-- ===== src/Telemetry/Spans.antt =====
-- Each span is started once and ended at most once: packages/telemetry/src/index.ts, `startSpan`.
use tracegarden.Prelude.{
  ℕ, zero, suc, ◌≡◌, refl, sym, ap, ◌∙◌, inl, inr, Bool, true, false, List, [], ◌∷◌, ◌++◌, map,
  arith, if◌then◌else◌, Bool-cases, filter, Str, append-nil,
}
use tracegarden.Prelude.Dict.{Dict}
use tracegarden.Telemetry.Names.{safe_string}
use tracegarden.Telemetry.Signals.{
  counter, gauge, Unknown, Host, CorrelationMetadata, MetricType, SpanEvent, span_start, span_end,
  TelemetrySignal, log, trace, metric, MetricValue,
}
use tracegarden.Telemetry.Runtime.{
  Runtime, TelemetrySpan, dispatch, log_signal, start_span, end_span, fail_span, failure_attributes,
}
use tracegarden.Telemetry.Metrics.{Add, update_metric, metric_signal}
use tracegarden.Telemetry.Steps.{Call, World, on_span, step, run}
use tracegarden.Telemetry.Kept.{kept_define, kept_add, kept_put}
use tracegarden.Telemetry.Recent.{update_metric-quiet}
use mathlib.Core.List.{Perm, perm_middle, perm_append_comm, map-append}
use mathlib.Core.List.Perm

abbrev is_event : SpanEvent → SpanEvent → Bool
is_event span_start span_start = true
is_event span_start span_end = false
is_event span_end span_start = false
is_event span_end span_end = true

module _ {Num : Type 0} where
  -- The names and ids of the spans that the signals of one event are about.
  abbrev pub events : SpanEvent → List (TelemetrySignal Num) → List (Str × CorrelationMetadata)
  events e [] = []
  events e (trace t ∷ signals) =
      let rest = events e signals in
      if is_event e t.event then (t.name, t.correlation) ∷ rest else rest
  events e (log s ∷ signals) = events e signals
  events e (metric s ∷ signals) = events e signals

  events-append :
      (e : SpanEvent) (xs ys : List (TelemetrySignal Num))
      → events e (xs ++ ys) ≡ events e xs ++ events e ys
  events-append e [] ys = refl
  events-append e (trace t ∷ xs) ys = ground (arith, events-append e xs ys)
  events-append e (log s ∷ xs) ys = events-append e xs ys
  events-append e (metric s ∷ xs) ys = events-append e xs ys

abbrev pub label : TelemetrySpan → Str × CorrelationMetadata
label span = (safe_string span.name, span.correlation)

abbrev pub ended_labels : List TelemetrySpan → List (Str × CorrelationMetadata)
ended_labels spans = map label (filter (λ span. span.ended) spans)

Perm-along {ℓ} :
    {A : Type ℓ} {xs xs' ys ys' : List A} → xs ≡ xs' → ys ≡ ys' → Perm xs ys → Perm xs' ys'
Perm-along p q h = rw (← p, ← q) h

ended_labels-open :
    (spans : List TelemetrySpan) (span : TelemetrySpan)
    → span.ended ≡ false
    → ended_labels (spans ++ span ∷ []) ≡ ended_labels spans
ended_labels-open [] span h = rw h refl
ended_labels-open (s ∷ spans) span h = ground (arith, ended_labels-open spans span h)

module _ {Num : Type 0} where
  -- The start signals are those of the spans in their order, and the end signals are those of the
  -- spans that are ended, in the order of their ends.
  pub record IsTraced (w : World Num) : Type 0 where
    pub starts : events span_start w.runtime.emitted ≡ map label w.spans
    pub ends : Perm (events span_end w.runtime.emitted) (ended_labels w.spans)

  -- What one call of a span's closure does.
  record Closes (spans spans' : List TelemetrySpan) (r r' : Runtime Num) : Type 0 where
    labels : map label spans' ≡ map label spans
    starts : events span_start r'.emitted ≡ events span_start r.emitted
    closed : List (Str × CorrelationMetadata)
    ends : events span_end r'.emitted ≡ events span_end r.emitted ++ closed
    ended : Perm (ended_labels spans') (closed ++ ended_labels spans)

  Closes-later :
      (span : TelemetrySpan) (spans spans' : List TelemetrySpan) (r r' : Runtime Num)
      → Closes spans spans' r r'
      → Closes (span ∷ spans) (span ∷ spans') r r'
  Closes-later span spans spans' r r' c = record {
    labels = ap (λ ls. label span ∷ ls) c.labels;
    starts = c.starts;
    closed = c.closed;
    ends = c.ends;
    ended = elim (Bool-cases span.ended) [
      | inl e ↦ rw e (
          Perm.trans (Perm.cons (label span) c.ended)
            (Perm.symm (perm_middle c.closed (ended_labels spans))))
      | inr e ↦ rw e c.ended
    ];
  }

module _ {Num : Type 0} (host : Host Num) where
  end_span-Closes :
      (attributes : Dict (Unknown Num)) (now : Str) (span : TelemetrySpan)
      (spans : List TelemetrySpan) (r : Runtime Num)
      → let (span', r') = end_span host span attributes now r in
        Closes (span ∷ spans) (span' ∷ spans) r r'
  unfolding end_span dispatch
  end_span-Closes attributes now span spans r = elim (Bool-cases span.ended) [
    | inl e ↦ rw e (record {
      labels = refl;
      starts = refl;
      closed = [];
      ends = sym (append-nil _);
      ended = Perm.refl _;
    })
    | inr e ↦ rw e (record {
      labels = refl;
      starts = events-append span_start r.emitted _ ∙ append-nil _;
      closed = label span ∷ [];
      ends = events-append span_end r.emitted _;
      ended = Perm.refl _;
    })
  ]

  on_span-Closes :
      (i : ℕ) (attributes : Dict (Unknown Num)) (now : Str) (spans : List TelemetrySpan)
      (r : Runtime Num)
      → let (spans', r') = on_span i (λ span r. end_span host span attributes now r) spans r in
        Closes spans spans' r r'
  unfolding on_span
  on_span-Closes i attributes now [] r = record {
    labels = refl;
    starts = refl;
    closed = [];
    ends = sym (append-nil _);
    ended = Perm.refl _;
  }
  on_span-Closes zero attributes now (span ∷ spans) r = end_span-Closes attributes now span spans r
  on_span-Closes (suc i) attributes now (span ∷ spans) r =
      Closes-later span spans _ r _ (on_span-Closes i attributes now spans r)

  Closes-IsTraced :
      (w w' : World Num) → Closes w.spans w'.spans w.runtime w'.runtime → IsTraced w → IsTraced w'
  Closes-IsTraced w w' c t = record {
    starts = c.starts ∙ t.starts ∙ sym c.labels;
    ends = rw c.ends (
        Perm.trans (Perm.append_right c.closed t.ends)
          (Perm.trans (perm_append_comm (ended_labels w.spans) c.closed) (Perm.symm c.ended)));
  }

  -- What leaves the span events as they are.
  abbrev SameEvents : World Num → Runtime Num → Type 0
  SameEvents w r = (e : SpanEvent) → events e r.emitted ≡ events e w.runtime.emitted

  SameEvents-IsTraced :
      (w : World Num) (r : Runtime Num)
      → SameEvents w r
      → IsTraced w
      → IsTraced (record w { runtime = r })
  SameEvents-IsTraced w r s t = record {
    starts = s span_start ∙ t.starts;
    ends = rw (s span_end) t.ends;
  }

  metric-SameEvents :
      (w : World Num) (sample : MetricValue Num) (c : CorrelationMetadata) (now : Str)
      (r : Runtime Num)
      → SameEvents w r
      → SameEvents w (dispatch (metric_signal host sample c now) r)
  unfolding dispatch
  metric-SameEvents w sample c now r h e = events-append e r.emitted _ ∙ append-nil _ ∙ h e

  update-SameEvents :
      (w : World Num) (kind : MetricType) (name : Str) (value : Num) (labels : Dict Str) (add : Add)
      (r : Runtime Num)
      → SameEvents w r
      → SameEvents w (update_metric host kind name value labels add r).0
  update-SameEvents w kind name value labels add r h e =
      rw ((update_metric-quiet host kind name value labels add r).0) (h e)

  step-IsTraced : (call : Call Num) (w : World Num) → IsTraced w → IsTraced (step host call w)
  unfolding step log_signal start_span fail_span dispatch
  step-IsTraced (Call.log l e c a n) w t =
      SameEvents-IsTraced w _ (λ e. events-append e w.runtime.emitted _ ∙ append-nil _) t
  step-IsTraced (Call.start n c a u now) w t = record {
    starts =
        events-append span_start w.runtime.emitted _
        ∙ ap (λ ls. ls ++ label (start_span host n c a u now w.runtime).0 ∷ []) t.starts
        ∙ sym (map-append label w.spans _);
    ends =
        Perm-along (sym (events-append span_end w.runtime.emitted _ ∙ append-nil _))
          (sym (ended_labels-open w.spans _ refl)) t.ends;
  }
  step-IsTraced (Call.end i a n) w t =
      Closes-IsTraced w _ (on_span-Closes i a n w.spans w.runtime) t
  step-IsTraced (Call.fail i e n) w t =
      Closes-IsTraced w _ (on_span-Closes i (failure_attributes host e) n w.spans w.runtime) t
  step-IsTraced (Call.define counter n l) w t =
      SameEvents-IsTraced w _
        (kept_define host (SameEvents w) (metric-SameEvents w) (update-SameEvents w) counter n l w
          (λ e. refl))
        t
  step-IsTraced (Call.define gauge n l) w t =
      SameEvents-IsTraced w _
        (kept_define host (SameEvents w) (metric-SameEvents w) (update-SameEvents w) gauge n l w
          (λ e. refl))
        t
  step-IsTraced (Call.add n v l c now) w t =
      SameEvents-IsTraced w _
        (kept_add host (SameEvents w) (metric-SameEvents w) (update-SameEvents w) n v l c now w
          (λ e. refl))
        t
  step-IsTraced (Call.put counter n v l c now) w t =
      SameEvents-IsTraced w _
        (kept_put host (SameEvents w) (metric-SameEvents w) (update-SameEvents w) counter n v l c
          now w (λ e. refl))
        t
  step-IsTraced (Call.put gauge n v l c now) w t =
      SameEvents-IsTraced w _
        (kept_put host (SameEvents w) (metric-SameEvents w) (update-SameEvents w) gauge n v l c now
          w (λ e. refl))
        t

  -- Whatever calls are made, the signals of the spans' starts are those of the spans in their order,
  -- and the signals of their ends are, up to their order, those of the spans that are ended: each
  -- span is started once, and ended at most once however often it is ended or failed.
  pub run-IsTraced :
      (calls : List (Call Num)) (w : World Num) → IsTraced w → IsTraced (run host calls w)
  unfolding run
  run-IsTraced [] w t = t
  run-IsTraced (call ∷ calls) w t = run-IsTraced calls (step host call w) (step-IsTraced call w t)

▶ _Exercise brief_
Tell how many lines of the entries above include "order". The answer should be the number and nothing more.

▶ _Exercise output_
4